In this Special Issue, we hope to build upon these ideas and highlight recent advances in the management and diagnosis of AMD. Our authors discuss the future of diagnosis as they examine the development and characterization of imaging and systemic biomarkers, the utilization of new imaging modalities, and improvements in functional testing. We also look at management and treatment of AMD, discussing the role of artificial intelligence (AI) and telemedicine within the clinic, and the successes and failures of potential therapeutic targets such as complement and stem cells.
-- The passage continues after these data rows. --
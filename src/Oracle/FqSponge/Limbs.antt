-- ===== src/Oracle/FqSponge/Limbs.antt =====
-- oracle/src/sponge.rs: the limbs that are handed out, and the challenges made of them.
use native.Mathlib.Nat.{pow-le-pow_right}
use proof_systems.Prelude.{
  ℕ, zero, suc, ◌+◌, ◌*◌, ◌^◌, ◌≤◌, ◌<◌, ◌≡◌, refl, sym, ap, ◌∙◌, List, [], ◌∷◌, ◌++◌, length, take,
  drop, leb, ltb, ltb→lt, leb→le, le→leb, arith, Bool-cases, inl, inr, length-append, length-take,
  two_pow-add,
}
use proof_systems.Outcome.{ok, ◌>>=◌, expect, bind_assoc, bind_congr}
use proof_systems.Field.{Field, IsCanonical, IsRepr}
use proof_systems.Oracle.Constants.{SpongeConstants}
use proof_systems.Oracle.Sponge.{ArithmeticSponge, squeeze}
use proof_systems.Oracle.Sponge.Valid.{IsValid, squeeze_total}
use proof_systems.Oracle.Challenge.{limbs, repr_limbs}
use proof_systems.Oracle.FqSponge.{
  DefaultFqSponge, pack, refill, split_limbs, squeeze_limbs_loop, squeeze_limbs, squeeze_scalar,
  squeeze_fr, squeeze_field, challenge, digest, high_entropy_limbs,
}

-- `u64` values
abbrev pub AreLimbs : List ℕ → Type 0
AreLimbs [] = Unit {0}
AreLimbs (x ∷ xs) = (x < 2 ^ 64) × AreLimbs xs

AreLimbs-append : (xs ys : List ℕ) → AreLimbs xs → AreLimbs ys → AreLimbs (xs ++ ys)
AreLimbs-append [] ys h k = k
AreLimbs-append (x ∷ xs) ys (h, hs) k = (h, AreLimbs-append xs ys hs k)

AreLimbs-take : (n : ℕ) (xs : List ℕ) → AreLimbs xs → AreLimbs (take n xs)
AreLimbs-take zero xs h = tt
AreLimbs-take (suc n) [] h = tt
AreLimbs-take (suc n) (x ∷ xs) (h, hs) = (h, AreLimbs-take n xs hs)

AreLimbs-drop : (n : ℕ) (xs : List ℕ) → AreLimbs xs → AreLimbs (drop n xs)
AreLimbs-drop zero xs h = h
AreLimbs-drop (suc n) [] h = tt
AreLimbs-drop (suc n) (x ∷ xs) (h, hs) = AreLimbs-drop n xs hs

fresh_limbs :
    (v : ℕ)
    → (length (take high_entropy_limbs (limbs repr_limbs v)) ≡ 2)
      × AreLimbs (take high_entropy_limbs (limbs repr_limbs v))
unfolding limbs
fresh_limbs v = (refl, (omega arith, (omega arith, tt)))

-- A state of the Fiat-Shamir sponge that hands out challenges: its sponge is valid, and it keeps limbs.
pub record IsFqSponge {F : Type 0} (sc : SpongeConstants) (s : DefaultFqSponge F) : Type 0 where
  pub sponge_valid : IsValid sc s.sponge
  pub kept_limbs : AreLimbs s.last_squeezed

module _ {F : Type 0} ⦃f : Field F⦄ (sc : SpongeConstants) where
  refill_total :
      (s : DefaultFqSponge F)
      → IsFqSponge sc s
      → (s' : DefaultFqSponge F) × (refill sc s ≡ ok s')
        × IsFqSponge sc s'
        × (length s'.last_squeezed ≡ length s.last_squeezed + 2)
  unfolding refill
  refill_total s v =
      let (x, sp, run, valid, _) = squeeze_total sc s.sponge v.sponge_valid in
      let (two, small) = fresh_limbs (f.into_repr x) in
      (
        record {
          sponge = sp;
          last_squeezed =
              s.last_squeezed ++ take high_entropy_limbs (limbs repr_limbs (f.into_repr x));
        },
        rw run refl,
        record {
          sponge_valid = valid;
          kept_limbs = AreLimbs-append s.last_squeezed _ v.kept_limbs small;
        },
        length-append s.last_squeezed _ ∙ ap (λ t. length s.last_squeezed + t) two,
      )

  split_limbs_lem :
      (num : ℕ) (s : DefaultFqSponge F)
      → IsFqSponge sc s
      → num ≤ length s.last_squeezed
      → (length (split_limbs num s).0 ≡ num)
        × AreLimbs (split_limbs num s).0
        × IsFqSponge sc (split_limbs num s).1
  split_limbs_lem num s v h = (
    length-take num s.last_squeezed h,
    AreLimbs-take num s.last_squeezed v.kept_limbs,
    record {
      sponge_valid = v.sponge_valid;
      kept_limbs = AreLimbs-drop num s.last_squeezed v.kept_limbs;
    },
  )

  -- A unit of fuel gives two limbs; with enough of them the limbs asked for are handed out.
  squeeze_limbs_loop_total :
      (fuel num : ℕ) (s : DefaultFqSponge F)
      → IsFqSponge sc s
      → num ≤ length s.last_squeezed + 2 * fuel
      → (xs : List ℕ) × (s' : DefaultFqSponge F) × (squeeze_limbs_loop sc fuel num s ≡ ok (xs, s'))
        × (length xs ≡ num)
        × AreLimbs xs
        × IsFqSponge sc s'
  unfolding squeeze_limbs_loop
  squeeze_limbs_loop_total zero num s v h =
      let (l, small, v') = split_limbs_lem num s v (omega arith) in
      (
        (split_limbs num s).0,
        (split_limbs num s).1,
        rw (le→leb num (length s.last_squeezed) (omega arith)) refl,
        l,
        small,
        v',
      )
  squeeze_limbs_loop_total (suc fuel) num s v h =
      elim (Bool-cases (leb num (length s.last_squeezed))) [
        | inl enough ↦
            let (l, small, v') = split_limbs_lem num s v (leb→le _ _ enough) in
            ((split_limbs num s).0, (split_limbs num s).1, rw enough refl, l, small, v')
        | inr short ↦
            let (s1, run, v1, longer) = refill_total s v in
            let (xs, s', rest, l, small, v') =
              squeeze_limbs_loop_total fuel num s1 v1 (omega arith) in
            (xs, s', rw (short, run) rest, l, small, v')
      ]

  -- A Fiat-Shamir sponge with a valid sponge hands out any number of limbs, each below 2 ^ 64, and
  -- its sponge is valid afterwards.
  pub squeeze_limbs_total :
      (num : ℕ) (s : DefaultFqSponge F)
      → IsFqSponge sc s
      → (xs : List ℕ) × (s' : DefaultFqSponge F) × (squeeze_limbs sc num s ≡ ok (xs, s'))
        × (length xs ≡ num)
        × AreLimbs xs
        × IsFqSponge sc s'
  unfolding squeeze_limbs
  squeeze_limbs_total num s v = squeeze_limbs_loop_total num num s v (omega arith)

-- The number of limbs, where they fit a `BigInteger256`.
abbrev pub limbs_number : List ℕ → ℕ
limbs_number [] = 0
limbs_number (x ∷ xs) = x + 2 ^ 64 * limbs_number xs

limbs_number_lt : (xs : List ℕ) → AreLimbs xs → limbs_number xs < 2 ^ (64 * length xs)
limbs_number_lt [] h = omega arith
limbs_number_lt (x ∷ xs) (h, hs) =
    let places : 2 ^ (64 * suc (length xs)) ≡ 2 ^ 64 * 2 ^ (64 * length xs) =
      ap (λ t. 2 ^ t) (omega arith) ∙ two_pow-add 64 (64 * length xs) in
    rw places (let ih = limbs_number_lt xs hs in omega arith)

pack_lem : (xs : List ℕ) → AreLimbs xs → length xs ≤ 4 → pack xs ≡ limbs_number xs
unfolding pack
pack_lem [] h l = refl
pack_lem (x ∷ xs) (h, hs) l =
    let ih = pack_lem xs hs (omega arith) in
    let below = limbs_number_lt xs hs in
    let top : 2 ^ (64 * length xs) ≤ 2 ^ 192 =
      pow-le-pow_right {n = 2} (omega arith) {i = 64 * length xs} {j = 192} (omega arith) in
    rw ih (omega arith)

module _ {F S : Type 0} ⦃f : Field F⦄ ⦃g : Field S⦄ (sc : SpongeConstants) {c : IsCanonical g}
    (q : IsRepr c) where
  -- A challenge is drawn from a Fiat-Shamir sponge with a valid sponge, and is below 2 ^ 128, where
  -- the modulus of the scalars is not.
  pub challenge_lt :
      (s : DefaultFqSponge F)
      → IsFqSponge sc s
      → 2 ^ 128 ≤ c.modulus
      → (x : S) × (s' : DefaultFqSponge F) × (challenge sc s ≡ ok (x, s'))
        × (c.value x < 2 ^ 128)
        × IsFqSponge sc s'
  unfolding challenge squeeze_scalar
  challenge_lt s v wide =
      let (xs, s', run, l, small, v') = squeeze_limbs_total sc 2 s v in
      let packed = pack_lem xs small (omega arith) in
      let bound = limbs_number_lt xs small in
      let low : pack xs < 2 ^ 128 = (let two = rw l at bound in omega arith) in
      let (x, made, value) = q.from_repr-some (pack xs) (omega arith) in
      (x, s', rw run (rw made refl), omega arith, v')

  -- The digest of a Fiat-Shamir sponge with a valid sponge is the integer of the next element of the
  -- sponge where it is a scalar, and zero otherwise; the limbs that were kept do not matter.
  pub digest_lem :
      (s : DefaultFqSponge F)
      → IsFqSponge sc s
      → (x : F) × (sp : ArithmeticSponge F) × (y : S) × (squeeze sc s.sponge ≡ ok (x, sp))
        × (digest sc s ≡ ok y)
        × (f.into_repr x < c.modulus → c.value y ≡ f.into_repr x)
        × (c.modulus ≤ f.into_repr x → y ≡ g.zero)
  unfolding digest squeeze_field
  digest_lem s v =
      let (x, sp, run, _, _) = squeeze_total sc s.sponge v.sponge_valid in
      elim (Bool-cases (ltb (f.into_repr x) c.modulus)) [
        | inl e ↦
            let small = ltb→lt _ _ e in
            let (y, made, value) = q.from_repr-some (f.into_repr x) small in
            (x, sp, y, run, rw (run, made) refl, λ h. value, λ h. absurd (omega arith))
        | inr e ↦
            let large : c.modulus ≤ f.into_repr x = ground arith in
            (
              x,
              sp,
              g.zero,
              run,
              rw (run, q.from_repr-none (f.into_repr x) large) refl,
              λ h. absurd (omega arith),
              λ h. refl,
            )
      ]

module _ {F : Type 0} ⦃f : Field F⦄ (sc : SpongeConstants) where
  -- `DefaultFrSponge` packs the limbs that `DefaultFqSponge` hands out.
  pub squeeze_fr-squeeze_limbs_loop :
      (fuel num : ℕ) (s : DefaultFqSponge F)
      → squeeze_fr sc fuel num s ≡ (
          squeeze_limbs_loop sc fuel num s >>= λ r.
          expect (f.from_repr (pack r.0)) "internal representation was not a valid field element"
          >>= λ x. ok (x, r.1))
  unfolding squeeze_fr squeeze_limbs_loop
  squeeze_fr-squeeze_limbs_loop zero num s = elim (Bool-cases (leb num (length s.last_squeezed))) [
    | inl e ↦ rw e refl
    | inr e ↦ rw e refl
  ]
  squeeze_fr-squeeze_limbs_loop (suc fuel) num s =
      elim (Bool-cases (leb num (length s.last_squeezed))) [
        | inl e ↦ rw e refl
        | inr e ↦ rw e (
            bind_congr (refill sc s) _ _ (squeeze_fr-squeeze_limbs_loop fuel num)
            ∙ sym (bind_assoc (refill sc s) (squeeze_limbs_loop sc fuel num) _))
      ]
In addition, we discuss the molecular pathobiology of AMD, including lipids and tumor necrosis factor (TNF) and other inflammatory cytokines, as well as the role genetics plays in disease development and progression. We examine anti-VEGF therapy in more depth, including presumed “non-responders” and also inflammatory complications, and discuss the impact these issues have on clinical management and treatment of AMD.
The ultimate goal of this collection is to create a comprehensive overview of the current status of collective AMD knowledge, highlighting advances that inform management and diagnosis of AMD. This issue contains contributions from leading experts in the field, demonstrating their efforts to improve our understanding, diagnosis, and treatment of AMD, and outlining their vision for future directions. Moving forward, we hope this collection can serve as a valuable resource to guide AMD diagnosis and management.

Author Contributions

Conceptualization, J.W.M., L.L.D., D.H., J.B.M. and D.G.V.; methodology, J.W.M., L.L.D., D.H., J.B.M. and D.G.V.; investigation, L.L.D.; writing—original draft preparation, L.L.D.; writing—review and editing, J.W.M., D.H., J.B.M. and D.G.V., supervision, J.W.M., D.H., J.B.M. and D.G.V. All authors have read and agreed to the published version of the manuscript.

Funding

This research was funded by NIH National Eye Institute grants R01 EY023079 (DGV), R01 EY025362 (DGV), R01 EY030088 (DH, JWM), R21 EY029847 (DH), Regeneron Macula Society Award (DH), Lions Foundation Grant (DH), Genentech and PPD, LLC (DH), Emmes and NEI (DH), MA Lions Club (JBM), Lions International Equipment Fund (JBM), Monte J. Wallace (DGV), Yeatts Family Foundation (DGV), Loeffler Family Fund (DGV).

Conflicts of Interest

J.W.M. has served as a consultant for Genentech/Roche, Sunovion, KalVista Pharmaceuticals, Ltd., and Heidelberg Engineering; received royalties from Mass Eye and Ear/Valeant Pharmaceuticals; served as a consultant and owns stocks in ONL Therapeutics, LLC; and received a grant from Lowy Medical Research Institute, Ltd.; has a patent US 7,811,832 with royalties paid by ONL Therapeutics to Mass Eye and Ear, and a patent US 5,798,349; US 6,225,303; US 6,610,679; CA 2,185,644; CA 2,536,069 with royalties paid by Valeant Pharmaceuticals to Mass Eye and Ear. L.L.D’. declares no conflicts of interest. D.H. has served as a consultant to Genentech, Allergan, and Omeicos Therapeutics. J.B.M. has served as a consultant to Allergan, Alcon, Zeiss, Heidelberg, and Sunovion. D.G.V. has served on the Scientific Advisory Board for Olix and Valitor; has been an advisor to Drusolv; and is an inventor on patents of Neuroprotection held by Mass Eye and Ear. All reported conflicts of interest are outside the submitted work.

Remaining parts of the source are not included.